I have read many interesting threads on this site, but I hadn't found anything specific on turnaround times for repairs maintenence and re-arming between sorties. 

I was wondering of there were any threads discussing topics such as how fast turnarounds could be done on fighters and/or bombers, were maintenence schedules as recommended "by the book" followed strictly or not, were planes in certain theatres routinely (if ever) sent back up with minimal repairs and questionable airworthiness due to desparate circumstances, how much damage could airframes sustain before being sent to the boneyard for cannibalization, how long did tires and brakes last, frequency of engine oil changes, were weapons (MGs, cannons) replaced or repaired between missions or simply resupplied, etc. and so on.

This is really an informative site, and I apologize if the questions are too generic or sophmoric or have been discussed before, I did do a search but perhaps didn't use the correct terms. I read an article in a recent WWII magazine re: the "frankenplanes" on guadalcanal that piqued my curiosity on the subject.

Thanks in advance for any replies and a special thanks to any and all veterans or their relatives who might read this.

Jeff Walker
Frederick MD


----------



## Micdrow (Feb 22, 2009)

Hi Jeff, very interesting question. As for the turnaround of aircraft Im not sure. Im guessing during The Battle of Britain the turn around was very quickly due to the shortage of aircraft. As for times I have no real data though I wonder if the Australian Archives does.


----------



## drgondog (Feb 22, 2009)

SOP for the fighter groups 'turnaround' started as soon as the fighter taxiied to hardstand after a mission. 

The pilot and crew chief filled out flight log and noted any problems encountered (oxygen, rough engine, high engine temps, radios etc.). If nothing required patching up or a trip to hanger or sevice depot (like battle damage, engine change, etc) then preparation for tomorrow's (or afternoon) mission started immediately.

Engine Cowls and accessory hatches were opened and the coolant lines, radiator, oil cooler and engine were looked at carefully for leaks. Tire tread inspected, control surfaces checked.

All internal tanks were topped off, new Oxygen replenished with a check for pressure and flow., ammo loaded, radios checked, tarp placed over the canopy.

The next morning as the pilots were being briefed, the line crews waked or rode bicycles to their ships. Crew chief did a thorough walkaround, the armorer popped the ammo doors and checked guns and the links one more time. He took a look in the empty casing chutes to make sure nothing was jammed there and looked over the wheel well one last time for any obvious hydraulic leaks.

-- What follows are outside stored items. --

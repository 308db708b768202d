-- ===== src/Uci/Export/Splitting.antt =====
-- str.splitlines on a text whose lines end with a line feed.
use Prim.Native.Char.{Char}
use foris_controller.Prelude.{◌≡◌, refl, ap, ◌∙◌, false, List, [], ◌∷◌, ◌++◌, any, All, arith}
use foris_controller.Uci.Export.{Line, chars, is_break, with_char, splitlines}

unfoldable pub unlines : List Line → Line
unlines [] = []
unlines (line ∷ lines) = line ++ (chars "\n" ++ unlines lines)

-- A line that splitlines does not break.
abbrev pub IsLine : Line → Type 0
IsLine line = any is_break line ≡ false

splitlines-char :
    (c : Char) (s : Line)
    → is_break c ≡ false
    → splitlines false (c ∷ s) ≡ with_char c (splitlines false s)
unfolding splitlines
splitlines-char c s h = ground (arith, h)

splitlines-line :
    (line s : Line)
    → IsLine line
    → splitlines false (line ++ (chars "\n" ++ s)) ≡ line ∷ splitlines false s
splitlines-line [] s h = unfold splitlines in unfold is_break in refl
splitlines-line (c ∷ line) s h =
    splitlines-char c (line ++ (chars "\n" ++ s)) (ground (arith, h))
    ∙ ap (with_char c) (splitlines-line line s (ground (arith, h)))

pub splitlines-unlines :
    (lines : List Line) → All IsLine lines → splitlines false (unlines lines) ≡ lines
unfolding unlines
splitlines-unlines [] h = unfold splitlines in refl
splitlines-unlines (line ∷ lines) h =
    splitlines-line line (unlines lines) h.0 ∙ ap (λ ls. line ∷ ls) (splitlines-unlines lines h.1)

About this time a couple of trucks made the tour dropping off 75 or 110 gallon wing tanks, depending on the mission. They were mounted and feed lines connected. Fuel truck then made a run to top off external tanks.

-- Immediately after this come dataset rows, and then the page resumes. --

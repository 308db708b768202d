-- ===== src/Uci/Export/Parser/RoundTrip.antt =====
-- The lines of an export, as `uci export` prints the configuration, and how they are read.
use mathlib.Core.List.{append_assoc, append-nil}
use package.text.Mathlib.TextBridge.{of_list}
use foris_controller.Prelude.{
  ℕ, zero, suc, ◌≤◌, ◌<◌, String, ◌≡◌, refl, sym, ap, ap₂, ◌∙◌, subst, false, some, List, [], ◌∷◌,
  ◌++◌, insert, All, length, length-append, arith,
}
use foris_controller.Exceptions.{ok}
use foris_controller.Uci.{UciSection, UciData}
use foris_controller.Uci.Export.{Line, chars, splitlines}
use foris_controller.Uci.Export.Splitting.{IsLine, unlines, splitlines-unlines}
use foris_controller.Uci.Export.Matching.{after, skip_spaces, anonymous_name}
use foris_controller.Uci.Export.Parser.{
  Options, parse_section, with_line, section_of, and_section, parse_package, parse_packages, read,
}
use foris_controller.Uci.Export.Parser.Lines.{
  of_list-chars, IsName, section_line, header_line, config_line-section, package_line-header,
}
use foris_controller.Uci.Export.Parser.Options.{
  Distinct, lookup-prefix, insert-new, options_lines, ArePrinted, parse_section-options,
}

abbrev pub section_lines : UciSection → List Line
section_lines s = section_line s.type s.name ∷ (options_lines s.options ++ ([] ∷ []))

abbrev pub sections_lines : List UciSection → List Line
sections_lines [] = []
sections_lines (s ∷ sections) = section_lines s ++ sections_lines sections

abbrev pub export_lines : UciData → List Line
export_lines [] = []
export_lines ((name, sections) ∷ d) =
    header_line name ∷ [] ∷ (sections_lines sections ++ export_lines d)

-- What an export can show: names, values that are not empty, each option once; a section is anonymous
-- by its name.
pub record IsSection (s : UciSection) : Type 0 where
  pub type_IsName : IsName s.type
  pub name_IsName : IsName s.name
  pub printed : ArePrinted s.options
  pub distinct : Distinct s.options
  pub by_name : anonymous_name (chars s.name) ≡ s.anonymous

abbrev pub ArePackages : UciData → Type 0
ArePackages = All (λ p. IsName p.0 × All IsSection p.1)

-- The options of a section end where the next section or package begins.
parse_section-end :
    (sections : List UciSection) (d : UciData) (result : Options)
    → parse_section ([] ∷ (sections_lines sections ++ export_lines d)) result
      ≡ ok (result, sections_lines sections ++ export_lines d)
unfolding parse_section with_line after skip_spaces
parse_section-end [] [] result = refl
parse_section-end [] ((name, sections) ∷ d) result = refl
parse_section-end (s ∷ sections) d result = refl

section_of-lem :
    (s : UciSection) → IsSection s → section_of (chars s.type) (chars s.name) s.options ≡ s
section_of-lem s h =
    ap₂
      (λ t n. record {
        type = t;
        name = n;
        options = s.options;
        anonymous = anonymous_name (chars s.name);
      })
      (of_list-chars s.type) (of_list-chars s.name)
    ∙ ap (λ b. record s { anonymous = b }) h.by_name

section_lines-read :
    (s : UciSection) (sections : List UciSection) (d : UciData)
    → IsSection s
    → parse_section
        (options_lines s.options ++ ([] ∷ []) ++ sections_lines sections ++ export_lines d)
        []
      ≡ ok (s.options, sections_lines sections ++ export_lines d)
section_lines-read s sections d h =
    ap (λ ls. parse_section ls [])
      (append_assoc (options_lines s.options ++ ([] ∷ [])) (sections_lines sections)
          (export_lines d)
        ∙ append_assoc (options_lines s.options) ([] ∷ [])
            (sections_lines sections ++ export_lines d))
    ∙ parse_section-options s.options ([] ∷ (sections_lines sections ++ export_lines d)) []
        h.printed h.distinct
    ∙ parse_section-end sections d s.options

parse_package-section :
    (rounds : ℕ) (s : UciSection) (sections : List UciSection) (d : UciData)
    → IsSection s
    → parse_package (suc rounds) (sections_lines (s ∷ sections) ++ export_lines d)
      ≡ and_section s (parse_package rounds (sections_lines sections ++ export_lines d))
unfolding parse_package after
parse_package-section rounds s sections d h =
    let line = config_line-section s.type s.name h.type_IsName h.name_IsName in
    let lines = section_lines-read s sections d h in let same = section_of-lem s h in cc

parse_package-blank :
    (rounds : ℕ) (lines : List Line)
    → parse_package (suc rounds) ([] ∷ lines) ≡ parse_package rounds lines
unfolding parse_package after
parse_package-blank rounds lines = refl

parse_package-sections :
    (rounds : ℕ) (sections : List UciSection) (d : UciData)
    → All IsSection sections
    → length sections < rounds
    → parse_package rounds (sections_lines sections ++ export_lines d)
      ≡ some (ok (sections, export_lines d))
parse_package-sections zero sections d h r = absurd (omega arith)
parse_package-sections (suc rounds) [] [] h r = unfold parse_package in refl
parse_package-sections (suc rounds) [] ((name, sections) ∷ d) h r =
    unfold parse_package in unfold after in refl
parse_package-sections (suc rounds) (s ∷ sections) d h r =
    parse_package-section rounds s sections d h.0
    ∙ ap (and_section s) (parse_package-sections rounds sections d h.1 (omega arith))

length-sections_lines :
    (sections : List UciSection) → length sections ≤ length (sections_lines sections)
length-sections_lines [] = omega arith
length-sections_lines (s ∷ sections) = omega (
  arith,
  length-append (section_lines s) (sections_lines sections),
  length-sections_lines sections,
)

length-export_lines : (d : UciData) → length d ≤ length (export_lines d)
length-export_lines [] = omega arith
length-export_lines ((name, sections) ∷ d) =
    omega (arith, length-append (sections_lines sections) (export_lines d), length-export_lines d)

parse_packages-package :
    (rounds : ℕ) (name : String) (sections : List UciSection) (d result : UciData)
    → IsName name
    → All IsSection sections
    → parse_packages (suc rounds) (export_lines ((name, sections) ∷ d)) result
      ≡ parse_packages rounds (export_lines d) (insert name sections result)
unfolding parse_packages after
parse_packages-package rounds name sections d result n h =
    let lines : List Line = [] ∷ (sections_lines sections ++ export_lines d) in
    let title = package_line-header name n in
    let many = length-sections_lines sections in
    let total = length-append (sections_lines sections) (export_lines d) in
    let body =
      parse_package-blank (length lines) (sections_lines sections ++ export_lines d)
      ∙ parse_package-sections (length lines) sections d h (omega (arith, many, total)) in
    let name' = of_list-chars name in cc

parse_packages-export :
    (rounds : ℕ) (d result : UciData)
    → ArePackages d
    → Distinct (result ++ d)
    → length d < rounds
    → parse_packages rounds (export_lines d) result ≡ some (ok (result ++ d))
parse_packages-export zero d result h k r = absurd (omega arith)
parse_packages-export (suc rounds) [] result h k r =
    unfold parse_packages in ap (λ x. some (ok x)) (sym (append-nil result))
parse_packages-export (suc rounds) ((name, sections) ∷ d) result h k r =
    let same = append_assoc result ((name, sections) ∷ []) d in
    parse_packages-package rounds name sections d result h.0.0 h.0.1
    ∙ ap (parse_packages rounds (export_lines d))
        (insert-new name sections result (lookup-prefix name sections result d k))
    ∙ parse_packages-export rounds d (result ++ ((name, sections) ∷ [])) h.1
        (subst Distinct (sym same) k) (omega (arith, r))
    ∙ ap (λ x. some (ok x)) same

chars-of_list : (s : Line) → chars (of_list s) ≡ s
chars-of_list [] = refl
chars-of_list (c ∷ s) = ap (λ t. c ∷ t) (chars-of_list s)

-- The configuration is read back from the text in which it is exported, if its packages have
-- different names, names and values can be shown, and none of the printed lines has a line break.
pub read-export_lines :
    (d : UciData)
    → ArePackages d
    → Distinct d
    → All IsLine (export_lines d)
    → read (of_list (unlines (export_lines d))) ≡ some (ok d)
unfolding read
read-export_lines d h k l =
    ap (λ s. parse_packages (suc (length (splitlines false s))) (splitlines false s) [])
      (chars-of_list (unlines (export_lines d)))
    ∙ ap (λ ls. parse_packages (suc (length ls)) ls []) (splitlines-unlines (export_lines d) l)
    ∙ parse_packages-export (suc (length (export_lines d))) d [] h k
        (omega (arith, length-export_lines d))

Crew Chief hopped in and ran an engine/mag/oxygen and instrument check to make sure gyro uncaged etc.

Coomunications sargent made the changes to the crystals for A B and C channel for that mission and some time afterward the pilots would come out loaded onto jeeps or 6x and dropped off.

Pilot kicks tires - looks at his crew chief and hops in. Crew helps him get situated with parachute, mae west, seat buckles and helps him button it up.

Star Engine flare cooks and engines turn over with one of the crew handling a fire extingusher as those nasty Merlins started their rough crank/backfire/belch exhaust flame and smoke the roared to life at 1200-1500 rpm.. the Assemly flare lights and the pilots runs it up to higher rpm if he has been idling too long, then rolls out with one of the crew on the wing to help guide him..

As the Mustangs waddle from the hardstands to the assemply point at the threshold, the Take off flares light and two by two the a/c roll out and take off - flying a climbing circle around the base to let each element cross the circle and attach. About 15 minutes later they are out of sight.

Crews get breakfast, wash clothes, nap, play poker and when the return home time arrives they drift out to the flight line and look to the east to see who spots them first on the return..waiting with crossed fingers.

Then the routine starts again as their guy lands and waddles over to the hardstand.

Hope this helps,

Bill


----------



## jswalker (Feb 23, 2009)

Thanks very much for such a detailed response!

Jeff


----------